Clustering of the proteomic data. A. Heatmap of consensus clustering of the top 25% most variable proteins (N = 927) resulting in four clusters. The histotype, molecular subtype, and stage are shown above. B. Heatmap showing the Normalized Enrichment Score of pathways associated with each of the four clusters. The clusters were renamed based on gene and pathway enrichment as Adhesion (Cluster 1), Immune (Cluster 2), Proliferation (Cluster 3), and Metabolic (Cluster 4). C. Kaplan-Meier survival curves are shown for the four clusters, disease specific survival (DSS, top) and overall survival (OS, bottom). The p-value for each pair of clusters is shown at the bottom left of the plots.

Fig. 3

Differential protein expression among molecular subtypes. A. Volcano plot comparing protein expression between p53abn (right) and the other molecular subtypes (left). B. Protein abundance of p53 measured from proteomics among the four molecular subtypes. C. Protein abundance of Grb7 among the molecular subtypes. D. Endometrial tumor TMA (16-005, 475 cases) was immunostained for Grb7 and intensity scored as 0 (negative), 1 (weak), 2 (moderate) and 3 (strong). Proportion of the different intensities of Grb7 staining among the molecular subtypes and representative image of staining (20X magnification). E. Kaplan-Meier survival curve for disease specific survival for Grb7 H-score (calculated by multiplying intensity by percent positive staining) in all molecular subtypes.

Fig. 4

Correlation between ARID1A expression and retinoic acid pathway and neutrophil infiltration. A. Volcano plot of proteins showing higher abundance in ARID1A positive (right side) or ARID1A negative (left side) tumors with proteins related to the retinoic acid pathway and bacterial response/neutrophils highlighted. B. Endometrial tumor TMA (16-005, 475 cases) was immunostained for ARID1A, RBP1, CRABP2 and MPO with representative images shown (20X magnification).

Fig. 5

Proteins associated with clinical outcomes.
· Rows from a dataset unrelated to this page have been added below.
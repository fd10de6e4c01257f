-- ===== src/Usb/Descriptors.antt =====
-- usb/usb_descriptors.c: the string descriptors. The serial number that the board answers, as
-- characters of 16 bits, and the type of a string descriptor are parameters.
use picow_bt_kb_hid.Base.{
  ℕ, ◌+◌, ◌*◌, ◌%◌, ◌^◌, Bool, true, false, List, [], ◌∷◌, Option, none, some, if◌then◌else◌, ◌==◌,
  ltb, length, set, take, get_or, bit_or,
}
use picow_bt_kb_hid.Base.Text.{codes}

-- `string_descriptors`, of which the entry of the serial number is NULL.
abbrev pub string_descriptors : List (Option (List ℕ))
string_descriptors =
    some (0x09 ∷ 0x04 ∷ [])
    ∷ some (codes "Pico BT Keyboard")
    ∷ some (codes "Pico W USB HID Keyboard")
    ∷ none
    ∷ []

-- The loop that copies characters from place `i` of the array on.
unfoldable pub copy_characters : ℕ → List ℕ → List ℕ → List ℕ
copy_characters i [] descriptor = descriptor
copy_characters i (ch ∷ text) descriptor = copy_characters (i + 1) text (set descriptor i ch)

-- The header of `count` characters, in place 0.
abbrev pub with_header : ℕ → ℕ → List ℕ → List ℕ
with_header tusb_desc_string count descriptor =
    set descriptor 0 (bit_or (tusb_desc_string * 2 ^ 8) (2 * count + 2) % 2 ^ 16)

-- `tud_descriptor_string_cb`: the array `string_descriptor` after it, and whether it is the result;
-- the result is NULL for an index without a string.
unfoldable pub tud_descriptor_string_cb : ℕ → List ℕ → ℕ → List ℕ → List ℕ × Bool
tud_descriptor_string_cb tusb_desc_string serial index descriptor =
    if index == 0
    then (with_header tusb_desc_string 1 (set descriptor 1 (0x09 + 0x04 * 2 ^ 8)), true)
    else if index == 3
    then (with_header tusb_desc_string (length serial) (copy_characters 1 serial descriptor), true)
    else elim (get_or string_descriptors index none) [
      | none ↦ (descriptor, false)
      | some text ↦
          let count = if ltb 32 (length text) then 32 else length text in
          (
            with_header tusb_desc_string count (copy_characters 1 (take count text) descriptor),
            true,
          )
    ]
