-- ===== src/Usb/Serial.antt =====
-- usb/usb_serial.c: the ring of log bytes between the program and the CDC port. What `vsnprintf`
-- makes of a format is a parameter, `none` where it fails; TinyUSB's CDC port is a parameter with a
-- state of its own.
pub mod Refine
pub mod Drain
pub mod Termination
pub mod Run
mod Tests
use picow_bt_kb_hid.Base.{
  ℕ, zero, suc, ◌+◌, ◌-◌, ◌%◌, ◌^◌, Bool, true, false, not, ◌&&◌, ◌||◌, List, [], ◌∷◌, ◌++◌,
  replicate, Option, none, some, if◌then◌else◌, ◌==◌, ltb, leb, set, take, drop, length,
}
use picow_bt_kb_hid.Base.Text.{codes}

-- `USB_SERIAL_LOG_BUFFER_SIZE`.
abbrev pub log_size : ℕ
log_size = 8192

-- `sizeof(message)`.
abbrev pub message_size : ℕ
message_size = 128

-- `log_buffer`, `log_head`, `log_count` and `log_overflowed`.
pub record Log : Type 0 where
  pub buffer : List ℕ
  pub head : ℕ
  pub count : ℕ
  pub overflowed : Bool

-- The static storage at power-on.
unfoldable pub empty_log : Log
empty_log = record { buffer = replicate log_size 0; head = 0; count = 0; overflowed = false }

-- The loop that appends a message.
unfoldable pub append_bytes : List ℕ → Log → Log
append_bytes [] l = l
append_bytes (b ∷ bs) l =
    let tail = (l.head + l.count) % log_size % 2 ^ 16 in
    append_bytes bs (record l { buffer = set l.buffer tail b; count = (l.count + 1) % 2 ^ 16 })

-- What is kept of a text of `vsnprintf`.
abbrev pub message_of : List ℕ → List ℕ
message_of text =
    take (if leb message_size (length text) then message_size - 1 else length text) text

-- `usb_serial_printf`, on the answer of `tud_cdc_connected` and the formatted text.
unfoldable pub usb_serial_printf : Bool → Option (List ℕ) → Log → Log
usb_serial_printf false text l = l
usb_serial_printf true none l = l
usb_serial_printf true (some text) l =
    if length text == 0
    then l
    else let length = if leb message_size (length text) then message_size - 1 else length text in
      if ltb (log_size - l.count) (length % 2 ^ 16)
      then record l { overflowed = true }
      else append_bytes (take length text) l

-- The text of the notice.
abbrev pub notice : List ℕ
notice = codes "[USB] CDC log queue overflow; messages dropped\r\n"

-- The CDC port of TinyUSB: `tud_cdc_write_available` and `tud_cdc_write`, which answers how many of
-- the bytes it has taken.
module _ {S : Type 0} (write_available : S → ℕ) (write : List ℕ → S → ℕ × S) where
  -- The number of bytes that one round of the loop offers to the port, and those bytes.
  abbrev pub contiguous : Log → S → ℕ
  contiguous l port =
      let behind = log_size - l.head in
      let waiting = if ltb l.count behind then l.count else behind in
      let available = write_available port in if ltb available waiting then available else waiting

  abbrev pub offered : Log → S → List ℕ
  offered l port = take (contiguous l port) (drop l.head l.buffer)

  -- The step of the ring behind the bytes that were written.
  abbrev pub advance : ℕ → Log → Log
  advance written l = record l {
    head = (l.head + written) % log_size % 2 ^ 16;
    count = (l.count - written) % 2 ^ 16;
  }

  -- The loop of `usb_serial_task`, with the bytes that the port has taken.
  unfoldable pub drain : ℕ → Log → S → Log × S × List ℕ
  drain zero l port = (l, port, [])
  drain (suc fuel) l port =
      let (written, port') = write (offered l port) port in
      let (l', port'', sent) = drain fuel (advance written l) port' in
      if l.count == 0 || write_available port == 0
      then (l, port, [])
      else if written == 0
      then (l, port', [])
      else (l', port'', take written (offered l port) ++ sent)

  -- The notice about lost messages.
  unfoldable pub report_overflow : Bool → Log → Log
  unfolding usb_serial_printf
  report_overflow connected l =
      if l.overflowed && ltb l.count (log_size - 48)
      then usb_serial_printf connected (some notice) (record l { overflowed = false })
      else l

  -- `usb_serial_task`, with the bytes that the port has taken. The loop has as much fuel as there are
  -- bytes.
  unfoldable pub usb_serial_task : Bool → Log → S → Log × S × List ℕ
  unfolding drain report_overflow
  usb_serial_task false l port = (l, port, [])
  usb_serial_task true l port =
      let (l', port', sent) = drain l.count l port in (report_overflow true l', port', sent)

-- `usb_serial_read`, on the answer of `tud_cdc_connected` and on `tud_cdc_read`, which is given a
-- size and answers the bytes it has copied.
unfoldable pub usb_serial_read : Bool → ℕ → (ℕ → List ℕ) → List ℕ
usb_serial_read connected size tud_cdc_read =
    if not connected || size == 0 then [] else tud_cdc_read size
A. Volcano plot of disease specific survival hazard ratios within the NSMP subtype. B. Forest plot showing hazard ratios within MMRd, NSMP, and p53abn subtypes for selected proteins. C. Endometrial tumor TMA (16-005, 475 cases) was stained for NCL. Images of different percent positive NCL staining are shown (Magnification 20X). D. Kaplan-Meier curve for progression free survival for high and low NCL percent positive.